Look over the entries and say how many lines include the word "Bool". Only the number, please.
** DATA PROVIDED follows **
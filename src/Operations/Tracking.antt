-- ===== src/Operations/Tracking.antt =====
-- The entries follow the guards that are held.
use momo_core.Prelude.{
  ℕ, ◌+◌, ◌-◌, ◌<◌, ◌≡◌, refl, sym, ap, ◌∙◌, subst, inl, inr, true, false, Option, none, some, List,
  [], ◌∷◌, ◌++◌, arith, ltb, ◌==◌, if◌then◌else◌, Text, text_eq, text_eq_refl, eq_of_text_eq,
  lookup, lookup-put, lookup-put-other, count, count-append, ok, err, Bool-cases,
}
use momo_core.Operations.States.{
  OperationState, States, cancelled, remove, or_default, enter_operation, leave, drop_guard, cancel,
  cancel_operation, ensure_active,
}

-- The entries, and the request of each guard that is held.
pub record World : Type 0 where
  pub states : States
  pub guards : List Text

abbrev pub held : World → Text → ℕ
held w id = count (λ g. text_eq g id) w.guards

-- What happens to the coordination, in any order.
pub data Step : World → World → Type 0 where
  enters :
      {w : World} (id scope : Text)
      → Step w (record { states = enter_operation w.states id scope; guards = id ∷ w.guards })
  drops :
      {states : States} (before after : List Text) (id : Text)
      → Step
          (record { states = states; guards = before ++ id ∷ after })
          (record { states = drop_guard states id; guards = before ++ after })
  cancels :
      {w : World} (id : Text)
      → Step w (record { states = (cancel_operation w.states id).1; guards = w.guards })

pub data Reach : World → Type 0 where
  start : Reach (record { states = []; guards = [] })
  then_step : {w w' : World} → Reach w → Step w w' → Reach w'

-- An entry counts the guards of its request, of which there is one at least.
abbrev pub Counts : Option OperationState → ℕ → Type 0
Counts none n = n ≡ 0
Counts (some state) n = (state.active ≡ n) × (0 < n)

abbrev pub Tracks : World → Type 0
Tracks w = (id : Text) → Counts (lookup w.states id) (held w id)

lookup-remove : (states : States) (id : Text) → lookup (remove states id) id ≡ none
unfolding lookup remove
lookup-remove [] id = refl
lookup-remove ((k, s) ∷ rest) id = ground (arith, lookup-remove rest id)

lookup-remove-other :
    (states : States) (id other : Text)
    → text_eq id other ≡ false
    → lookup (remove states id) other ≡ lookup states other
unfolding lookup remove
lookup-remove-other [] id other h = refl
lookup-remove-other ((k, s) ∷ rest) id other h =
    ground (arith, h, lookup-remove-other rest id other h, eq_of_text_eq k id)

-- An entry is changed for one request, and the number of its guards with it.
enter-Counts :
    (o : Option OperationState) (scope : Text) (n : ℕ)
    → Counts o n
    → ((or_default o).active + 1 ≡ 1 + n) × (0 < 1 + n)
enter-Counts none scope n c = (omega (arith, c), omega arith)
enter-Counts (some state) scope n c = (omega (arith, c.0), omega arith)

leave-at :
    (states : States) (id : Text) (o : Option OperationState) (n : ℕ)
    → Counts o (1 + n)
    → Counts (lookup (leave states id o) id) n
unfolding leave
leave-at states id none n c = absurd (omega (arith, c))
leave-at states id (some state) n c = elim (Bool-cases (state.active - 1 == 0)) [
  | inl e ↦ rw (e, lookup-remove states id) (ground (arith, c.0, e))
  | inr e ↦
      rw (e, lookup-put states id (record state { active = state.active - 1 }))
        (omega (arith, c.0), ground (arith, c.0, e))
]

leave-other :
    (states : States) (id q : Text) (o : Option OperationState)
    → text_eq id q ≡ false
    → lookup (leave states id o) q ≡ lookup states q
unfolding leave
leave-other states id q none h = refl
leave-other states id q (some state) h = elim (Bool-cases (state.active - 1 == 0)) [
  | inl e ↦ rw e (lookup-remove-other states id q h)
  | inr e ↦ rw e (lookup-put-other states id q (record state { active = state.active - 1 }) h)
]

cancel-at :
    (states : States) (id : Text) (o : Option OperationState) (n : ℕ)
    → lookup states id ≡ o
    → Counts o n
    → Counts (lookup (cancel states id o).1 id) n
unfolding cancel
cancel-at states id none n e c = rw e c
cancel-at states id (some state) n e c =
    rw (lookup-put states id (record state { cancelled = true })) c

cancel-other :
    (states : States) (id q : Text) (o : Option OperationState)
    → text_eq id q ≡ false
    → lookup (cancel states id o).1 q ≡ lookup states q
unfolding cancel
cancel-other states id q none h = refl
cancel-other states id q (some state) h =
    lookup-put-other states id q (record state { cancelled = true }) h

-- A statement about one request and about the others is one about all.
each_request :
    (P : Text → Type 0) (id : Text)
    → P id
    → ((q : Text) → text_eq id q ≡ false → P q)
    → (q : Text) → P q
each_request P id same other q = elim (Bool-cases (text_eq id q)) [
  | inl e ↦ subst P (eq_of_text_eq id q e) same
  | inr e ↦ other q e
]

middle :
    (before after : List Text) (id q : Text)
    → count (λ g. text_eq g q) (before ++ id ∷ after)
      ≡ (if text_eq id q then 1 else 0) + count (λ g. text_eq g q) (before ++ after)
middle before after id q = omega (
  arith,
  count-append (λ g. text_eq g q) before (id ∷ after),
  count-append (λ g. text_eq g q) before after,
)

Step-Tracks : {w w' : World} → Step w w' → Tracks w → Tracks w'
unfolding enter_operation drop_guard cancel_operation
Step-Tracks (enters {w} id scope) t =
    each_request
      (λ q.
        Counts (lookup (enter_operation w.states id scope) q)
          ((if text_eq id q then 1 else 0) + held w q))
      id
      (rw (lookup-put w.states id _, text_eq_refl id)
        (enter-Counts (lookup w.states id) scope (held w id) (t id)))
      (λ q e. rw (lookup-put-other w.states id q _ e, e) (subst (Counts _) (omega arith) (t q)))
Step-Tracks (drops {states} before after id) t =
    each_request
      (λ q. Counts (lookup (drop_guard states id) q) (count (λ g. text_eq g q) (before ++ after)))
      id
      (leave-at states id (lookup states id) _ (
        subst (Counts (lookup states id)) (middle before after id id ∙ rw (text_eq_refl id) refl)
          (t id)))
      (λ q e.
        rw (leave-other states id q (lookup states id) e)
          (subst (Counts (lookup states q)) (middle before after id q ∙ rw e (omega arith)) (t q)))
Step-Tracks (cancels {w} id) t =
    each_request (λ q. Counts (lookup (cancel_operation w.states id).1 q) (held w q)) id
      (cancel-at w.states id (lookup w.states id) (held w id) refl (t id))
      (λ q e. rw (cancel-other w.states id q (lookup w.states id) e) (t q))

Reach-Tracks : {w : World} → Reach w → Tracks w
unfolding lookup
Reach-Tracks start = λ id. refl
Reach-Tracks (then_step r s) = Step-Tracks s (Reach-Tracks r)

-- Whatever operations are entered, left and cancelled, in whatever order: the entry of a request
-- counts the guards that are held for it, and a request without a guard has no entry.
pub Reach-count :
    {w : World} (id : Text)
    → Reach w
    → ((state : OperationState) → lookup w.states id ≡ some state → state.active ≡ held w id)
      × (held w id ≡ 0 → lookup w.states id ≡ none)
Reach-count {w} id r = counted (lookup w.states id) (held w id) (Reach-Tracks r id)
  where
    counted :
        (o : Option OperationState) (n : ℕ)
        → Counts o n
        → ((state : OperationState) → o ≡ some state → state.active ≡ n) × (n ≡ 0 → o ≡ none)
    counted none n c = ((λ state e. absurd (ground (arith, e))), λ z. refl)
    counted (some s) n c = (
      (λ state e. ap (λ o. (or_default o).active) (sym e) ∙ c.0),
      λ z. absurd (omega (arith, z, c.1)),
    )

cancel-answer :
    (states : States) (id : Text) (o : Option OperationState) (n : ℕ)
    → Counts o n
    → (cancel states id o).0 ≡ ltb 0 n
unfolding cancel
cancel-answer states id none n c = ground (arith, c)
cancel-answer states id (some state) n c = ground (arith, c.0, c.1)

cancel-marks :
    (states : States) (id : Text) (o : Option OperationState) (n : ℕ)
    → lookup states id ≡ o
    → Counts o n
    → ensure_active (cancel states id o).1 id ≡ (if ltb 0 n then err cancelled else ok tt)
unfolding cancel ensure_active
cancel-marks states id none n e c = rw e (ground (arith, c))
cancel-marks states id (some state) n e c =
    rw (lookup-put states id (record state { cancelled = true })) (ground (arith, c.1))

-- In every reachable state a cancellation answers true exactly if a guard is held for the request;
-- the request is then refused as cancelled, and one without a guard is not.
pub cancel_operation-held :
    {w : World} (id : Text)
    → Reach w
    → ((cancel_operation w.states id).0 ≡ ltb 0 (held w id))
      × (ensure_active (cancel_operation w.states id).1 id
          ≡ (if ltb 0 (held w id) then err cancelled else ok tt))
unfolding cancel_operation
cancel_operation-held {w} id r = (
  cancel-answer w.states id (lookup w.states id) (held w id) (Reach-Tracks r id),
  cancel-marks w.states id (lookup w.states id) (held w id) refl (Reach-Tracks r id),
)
** End of DATA PROVIDED **
** DATA PROVIDED follows **
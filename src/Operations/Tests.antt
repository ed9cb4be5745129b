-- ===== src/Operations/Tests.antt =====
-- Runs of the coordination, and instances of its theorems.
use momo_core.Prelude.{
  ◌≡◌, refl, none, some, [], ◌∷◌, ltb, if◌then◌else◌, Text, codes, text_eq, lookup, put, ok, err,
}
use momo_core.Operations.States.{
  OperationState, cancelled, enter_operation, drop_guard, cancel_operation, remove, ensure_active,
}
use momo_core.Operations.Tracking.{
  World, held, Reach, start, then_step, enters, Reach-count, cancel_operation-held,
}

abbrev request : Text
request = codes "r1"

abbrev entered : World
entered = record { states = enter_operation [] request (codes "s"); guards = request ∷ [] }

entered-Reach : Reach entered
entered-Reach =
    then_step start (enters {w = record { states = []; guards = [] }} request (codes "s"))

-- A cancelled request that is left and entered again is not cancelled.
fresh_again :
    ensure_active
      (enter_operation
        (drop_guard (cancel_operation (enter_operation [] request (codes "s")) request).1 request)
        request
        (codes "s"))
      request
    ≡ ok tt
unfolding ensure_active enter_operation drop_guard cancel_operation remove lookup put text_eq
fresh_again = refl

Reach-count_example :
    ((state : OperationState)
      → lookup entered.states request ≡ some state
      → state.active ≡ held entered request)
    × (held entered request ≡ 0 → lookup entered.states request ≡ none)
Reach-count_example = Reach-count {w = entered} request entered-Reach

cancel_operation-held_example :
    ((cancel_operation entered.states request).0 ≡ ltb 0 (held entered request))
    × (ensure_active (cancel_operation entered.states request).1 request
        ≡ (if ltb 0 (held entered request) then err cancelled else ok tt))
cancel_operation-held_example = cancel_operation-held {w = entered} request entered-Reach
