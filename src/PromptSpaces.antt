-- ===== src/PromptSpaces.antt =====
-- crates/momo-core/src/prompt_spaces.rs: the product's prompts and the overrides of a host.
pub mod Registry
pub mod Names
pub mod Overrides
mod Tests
** End of DATA PROVIDED **
> **TASK SOLUTION**
4